Extending jobless aid remains broadly popular with the American public: A Quinnipiac poll last week showed that voters supported an extension 58% to 37%. Among the jobless, there's deep anger, frustration, and disillusionment with Congress's inaction—and plenty of fingerpointing at both parties. 

"I haven't heard a lot of congressmen holding town halls and begging for constituents to tell their stories. They don't want to hear it," says Jamison. She isn't happy with the conservative flank of the GOP but also believes Democrats have lost the trust of the American public. "They're both to blame," she concludes. 
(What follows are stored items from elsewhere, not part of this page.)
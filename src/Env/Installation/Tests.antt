-- ===== src/Env/Installation/Tests.antt =====
-- An installation on Linux and one on Windows; the state lists what was done.
use org_muhkuh_tools_flasher.Common.{◌≡◌, refl, true, false, some, List, [], ◌∷◌, ◌++◌}
use org_muhkuh_tools_flasher.Common.Io.{Io}
use org_muhkuh_tools_flasher.Common.Words.{Word, codes}
use org_muhkuh_tools_flasher.Carriers.System.{World}
use org_muhkuh_tools_flasher.Env.Installation.{
  InstallSystem, Reference, tar_flasher, gen_name_flasher_archive, run_installation,
}
use org_muhkuh_tools_flasher.Env.Installation.Installed.{IsUnpacked}
use org_muhkuh_tools_flasher.Env.Installation.Steps.{IsUnpackedFor}
use org_muhkuh_tools_flasher.Env.Installation.Returns.{InstallWorks, run_installation-returns}

abbrev noted : Word → Io (List Word) Unit
noted w log = (some tt, log ++ w ∷ [])

abbrev system : InstallSystem (List Word) Word
system = record {
  chdir = λ old path log. some path;
  open_tar = λ cwd archive log. (some (codes "cli" ∷ []), log ++ archive ∷ []);
  extract_member = λ cwd m. noted m;
  extract_all = λ cwd archive folder. noted archive;
  glob = λ cwd wildcard log. codes "montest_1.bin" ∷ [];
  copy = λ cwd source target. noted source;
}

abbrev linux : Reference
linux = record {
  is_linux = true;
  on_linux = true;
  linux_version = codes "18.04";
  machine = codes "x86_64";
  flasher_version = codes "1.6";
  base_root = codes "/b";
  apply_romloader_patch = false;
}

abbrev home : World (List Word)
home = record { cwd = codes "/h"; rest = [] }

abbrev installed : World (List Word)
installed = record {
  cwd = codes "/h";
  rest =
      codes "/b/flasher_cli-1.6.tar.gz"
      ∷ codes "cli"
      ∷ codes "flasher_cli-1.6-ubuntu18.04_x86_64.tar.gz"
      ∷ codes "cli"
      ∷ codes "montest_1.bin"
      ∷ codes "/b/test_romloader.lua"
      ∷ [];
}

linux_run : run_installation system linux true true home ≡ (some 0, installed)
unfolding run_installation
linux_run = refl

system-Works : InstallWorks system
system-Works = record {
  enters = λ here path r. (path, refl);
  opens = λ here path r. (codes "cli" ∷ [], r ++ path ∷ [], refl, tt);
  extracts = λ here m r. (tt, r ++ m ∷ [], refl, tt);
  unzips = λ here archive folder r. (tt, r ++ archive ∷ [], refl, tt);
  copies = λ here source target r. (tt, r ++ source ∷ [], refl, tt);
}

run_installation-returns_example :
    (u x v : World (List Word)) × (run_installation system linux true true home ≡ (some 0, v))
    × IsUnpacked system (tar_flasher linux) (codes "/b") home u
    × IsUnpackedFor system linux true (gen_name_flasher_archive linux false) u x
    × (x.cwd ≡ home.cwd)
    × (v.cwd ≡ home.cwd)
run_installation-returns_example =
    run_installation-returns system system-Works linux true true home refl (λ c s. refl)

-- On Windows the second archive is opened in the working directory.
windows_run :
    (run_installation system
      (record linux { is_linux = false; on_linux = false })
      false
      false
      home).0
    ≡ some 0
unfolding run_installation
windows_run = refl
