-- ===== src/Env/Ports/Lines.antt =====
-- One line of the list of interfaces is read back as it is printed.
use org_muhkuh_tools_flasher.Common.{
  ◌>>=◌, append-nil, ℕ, ◌≡◌, refl, sym, ap, ◌∙◌, Bool, true, false, Option, none, some, List, [],
  ◌∷◌, ◌++◌, All, arith, map,
}
use org_muhkuh_tools_flasher.Common.Words.{Word, codes, is_digit, is_space}
use org_muhkuh_tools_flasher.Jasonixer.{Chip, generate_desc_empty_chip}
use org_muhkuh_tools_flasher.Env.Ports.{is_word, is_port, match_interface, read_interfaces}
use org_muhkuh_tools_flasher.Common.Runs.{some_of, Stops, Run, some_of-append}

-- One line of a listing.
pub record Interface : Type 0 where
  pub index : Word
  pub port : Word
  pub blanks : Word
  pub type : Word

pub record IsInterface (e : Interface) : Type 0 where
  pub digits : Run is_digit e.index
  pub port_chars : Run is_port e.port
  pub space : Run is_space e.blanks
  pub word_chars : Run is_word e.type

unfoldable pub show : Interface → Word
show e = e.index ++ (codes " : Name:" ++ (e.port ++ (e.blanks ++ (codes "Typ: " ++ e.type))))

space-port : (c : ℕ) → is_space c ≡ true → is_port c ≡ false
space-port c h = ground arith

blanks-Stops : (b s : Word) → Run is_space b → Stops is_port (b ++ s)
blanks-Stops [] s r = elim r [ ]
blanks-Stops (c ∷ b) s (h, _) = space-port c h

some_of-all : (p : ℕ → Bool) (w : Word) → Run p w → some_of p w ≡ some (w, [])
some_of-all p w r = sym (ap (some_of p) (append-nil w)) ∙ some_of-append p w [] r tt

match_interface-show :
    (e : Interface) → IsInterface e → match_interface (show e) ≡ some (e.index, e.port, e.type)
unfolding match_interface show
match_interface-show e v =
    rw (some_of-append is_digit e.index _ v.digits refl, match_interface)
      (rw (some_of-append is_port e.port _ v.port_chars (blanks-Stops e.blanks _ v.space)) (
        rw (some_of-append is_space e.blanks _ v.space refl)
          (rw (some_of-all is_word e.type v.word_chars) refl)))

-- The chip that a line stands for.
pub chip_of : Interface → Option Chip
chip_of e = do
  chip ← generate_desc_empty_chip none (some e.type) none (some e.port)
  some (record chip { it = some e.index })

pub chips_of : List Interface → Option (List Chip)
chips_of [] = some []
chips_of (e ∷ es) = do chip ← chip_of e; chips ← chips_of es; some (chip ∷ chips)

pub read_interfaces-map :
    (es : List Interface) → All IsInterface es → read_interfaces (map show es) ≡ chips_of es
unfolding chips_of read_interfaces chip_of
read_interfaces-map [] a = refl
read_interfaces-map (e ∷ es) (v, a) =
    rw (match_interface-show e v, read_interfaces) (rw (read_interfaces-map es a) refl)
The fight over Senate procedure has also obscured the issues at hand. Republicans have fought with Democrats over voting on what Majority Leader Harry Reid describes as "poison-pill amendments" to pay for the legislation. The Senate GOP has refused to take the threat of a filibuster off the table.

"Put it out there what exactly everybody wants. What do these Republicans want, that the Democrats don't want to give up?  I want to know what the fight is," says Consiglio. "It's 'he said, she said'—everyone wants to point a finger."

Carl Smith, whose unemployment benefits ran out last month, believes Reid was asking for too much by proposing a 11.5-month extension instead of a three-month one and isn't holding out hope for a deal. "I didn't have a whole lot of hope with the House, but I think that pushed it over, it truly did," says Smith, 59, who was laid off after 31 years working as a logistics expert at a Ohio defense contractor. 

Many aren't feeling hopeful that things will turn around any time soon—either in Congress or the economy as a whole. Among the unemployed, consumer confidence dropped from 39.2 to 35.2 in the first two weeks of January—"the steepest two-week decline in absolute terms since the summer"—according to data from Hamilton Place Strategies and CivicScience. 

Danny Pacheco, 34, is just hoping he can scrape together enough for diapers and baby food for his five-month-old infant. He lost his federal unemployed benefits in December after nearly a year and a half of looking for work and going back to college to work toward finishing his Bachelor's degree. 

"It's a thousand people vying for three jobs," says Pacheco, who lives in Rhode Island, which has the country's second highest unemployment rate. "It's the same thing over and over again."